**What you need to do:**
Using the data below, return the stretch from the line that contains "(not (cb.reward_item == c.config.reward_item)" through the line that contains "credit c.sha256 u", both included, exactly as it stands and nothing beyond it.

**Information provided:**
* * * * * * * * *

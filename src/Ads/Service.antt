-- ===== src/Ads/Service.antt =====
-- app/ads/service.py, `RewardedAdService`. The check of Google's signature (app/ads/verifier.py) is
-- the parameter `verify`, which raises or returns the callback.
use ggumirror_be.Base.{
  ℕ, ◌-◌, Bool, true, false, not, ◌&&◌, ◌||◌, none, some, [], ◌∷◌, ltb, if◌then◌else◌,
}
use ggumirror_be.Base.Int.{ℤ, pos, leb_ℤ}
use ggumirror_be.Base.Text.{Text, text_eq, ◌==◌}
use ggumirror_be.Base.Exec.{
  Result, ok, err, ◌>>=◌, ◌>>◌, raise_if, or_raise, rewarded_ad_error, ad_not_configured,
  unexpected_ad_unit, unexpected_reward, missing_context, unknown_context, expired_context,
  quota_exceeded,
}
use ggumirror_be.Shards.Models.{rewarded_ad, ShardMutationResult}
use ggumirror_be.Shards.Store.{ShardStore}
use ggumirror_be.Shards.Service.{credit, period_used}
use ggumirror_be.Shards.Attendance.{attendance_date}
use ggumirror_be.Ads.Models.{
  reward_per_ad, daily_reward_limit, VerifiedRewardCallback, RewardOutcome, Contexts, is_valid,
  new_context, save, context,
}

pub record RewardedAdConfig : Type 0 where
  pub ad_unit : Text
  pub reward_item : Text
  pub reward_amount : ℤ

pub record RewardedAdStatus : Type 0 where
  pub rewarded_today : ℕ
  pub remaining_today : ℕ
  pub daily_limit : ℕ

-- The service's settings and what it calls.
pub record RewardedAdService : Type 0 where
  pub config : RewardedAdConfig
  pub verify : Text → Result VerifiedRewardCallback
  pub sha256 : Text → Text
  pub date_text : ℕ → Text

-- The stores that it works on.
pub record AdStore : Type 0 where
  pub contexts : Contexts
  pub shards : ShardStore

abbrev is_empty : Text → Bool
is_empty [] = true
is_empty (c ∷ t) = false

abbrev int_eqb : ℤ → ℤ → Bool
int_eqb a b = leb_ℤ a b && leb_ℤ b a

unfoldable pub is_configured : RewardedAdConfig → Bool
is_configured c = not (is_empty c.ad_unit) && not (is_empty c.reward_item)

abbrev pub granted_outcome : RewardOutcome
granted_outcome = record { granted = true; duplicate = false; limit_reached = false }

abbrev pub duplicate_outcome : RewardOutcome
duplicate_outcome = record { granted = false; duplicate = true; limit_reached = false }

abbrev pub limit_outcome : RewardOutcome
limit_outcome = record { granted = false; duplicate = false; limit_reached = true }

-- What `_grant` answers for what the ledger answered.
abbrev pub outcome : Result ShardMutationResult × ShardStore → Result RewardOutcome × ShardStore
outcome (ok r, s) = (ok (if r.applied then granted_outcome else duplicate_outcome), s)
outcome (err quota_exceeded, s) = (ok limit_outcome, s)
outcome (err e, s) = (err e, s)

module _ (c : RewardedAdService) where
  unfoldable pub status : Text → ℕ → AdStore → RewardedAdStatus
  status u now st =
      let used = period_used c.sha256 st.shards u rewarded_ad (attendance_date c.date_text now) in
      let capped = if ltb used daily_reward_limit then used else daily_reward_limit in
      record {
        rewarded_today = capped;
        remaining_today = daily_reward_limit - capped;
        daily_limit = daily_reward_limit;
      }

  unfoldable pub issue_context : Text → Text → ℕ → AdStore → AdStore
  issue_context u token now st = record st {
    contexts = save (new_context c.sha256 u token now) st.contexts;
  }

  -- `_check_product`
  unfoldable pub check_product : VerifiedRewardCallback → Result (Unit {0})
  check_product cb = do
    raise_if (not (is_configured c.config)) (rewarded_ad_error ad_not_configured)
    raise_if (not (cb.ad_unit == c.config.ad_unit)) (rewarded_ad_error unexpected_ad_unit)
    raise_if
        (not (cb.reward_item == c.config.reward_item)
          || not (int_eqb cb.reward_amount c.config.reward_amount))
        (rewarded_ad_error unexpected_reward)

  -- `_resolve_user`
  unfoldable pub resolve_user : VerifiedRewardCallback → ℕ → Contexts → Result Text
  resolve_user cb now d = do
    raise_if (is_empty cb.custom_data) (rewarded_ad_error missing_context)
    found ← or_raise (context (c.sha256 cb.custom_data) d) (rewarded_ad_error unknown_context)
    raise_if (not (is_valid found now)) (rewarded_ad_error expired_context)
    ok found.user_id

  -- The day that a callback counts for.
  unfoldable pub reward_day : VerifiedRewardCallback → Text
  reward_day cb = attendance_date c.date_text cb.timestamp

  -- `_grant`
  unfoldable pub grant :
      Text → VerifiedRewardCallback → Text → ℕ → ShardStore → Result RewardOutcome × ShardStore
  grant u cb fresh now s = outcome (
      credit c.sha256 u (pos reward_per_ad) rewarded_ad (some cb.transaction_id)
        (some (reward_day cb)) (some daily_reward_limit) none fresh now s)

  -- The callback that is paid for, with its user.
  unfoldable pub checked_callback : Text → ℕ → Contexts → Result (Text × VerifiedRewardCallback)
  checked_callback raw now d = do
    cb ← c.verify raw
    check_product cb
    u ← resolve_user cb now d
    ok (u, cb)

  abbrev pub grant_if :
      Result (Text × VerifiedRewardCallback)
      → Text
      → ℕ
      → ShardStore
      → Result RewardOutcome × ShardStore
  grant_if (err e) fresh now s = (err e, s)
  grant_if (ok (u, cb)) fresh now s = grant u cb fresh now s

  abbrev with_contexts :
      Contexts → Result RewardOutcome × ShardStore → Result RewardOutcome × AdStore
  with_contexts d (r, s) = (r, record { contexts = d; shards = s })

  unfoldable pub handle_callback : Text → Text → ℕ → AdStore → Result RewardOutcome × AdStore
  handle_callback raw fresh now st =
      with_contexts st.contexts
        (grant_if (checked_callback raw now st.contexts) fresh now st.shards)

* * * * * * * * *

**Completed task:**
        (not (cb.reward_item == c.config.reward_item)
          || not (int_eqb cb.reward_amount c.config.reward_amount))
        (rewarded_ad_error unexpected_reward)

  -- `_resolve_user`
  unfoldable pub resolve_user : VerifiedRewardCallback → ℕ → Contexts → Result Text
  resolve_user cb now d = do
    raise_if (is_empty cb.custom_data) (rewarded_ad_error missing_context)
    found ← or_raise (context (c.sha256 cb.custom_data) d) (rewarded_ad_error unknown_context)
    raise_if (not (is_valid found now)) (rewarded_ad_error expired_context)
    ok found.user_id

  -- The day that a callback counts for.
  unfoldable pub reward_day : VerifiedRewardCallback → Text
  reward_day cb = attendance_date c.date_text cb.timestamp

  -- `_grant`
  unfoldable pub grant :
      Text → VerifiedRewardCallback → Text → ℕ → ShardStore → Result RewardOutcome × ShardStore
  grant u cb fresh now s = outcome (
      credit c.sha256 u (pos reward_per_ad) rewarded_ad (some cb.transaction_id)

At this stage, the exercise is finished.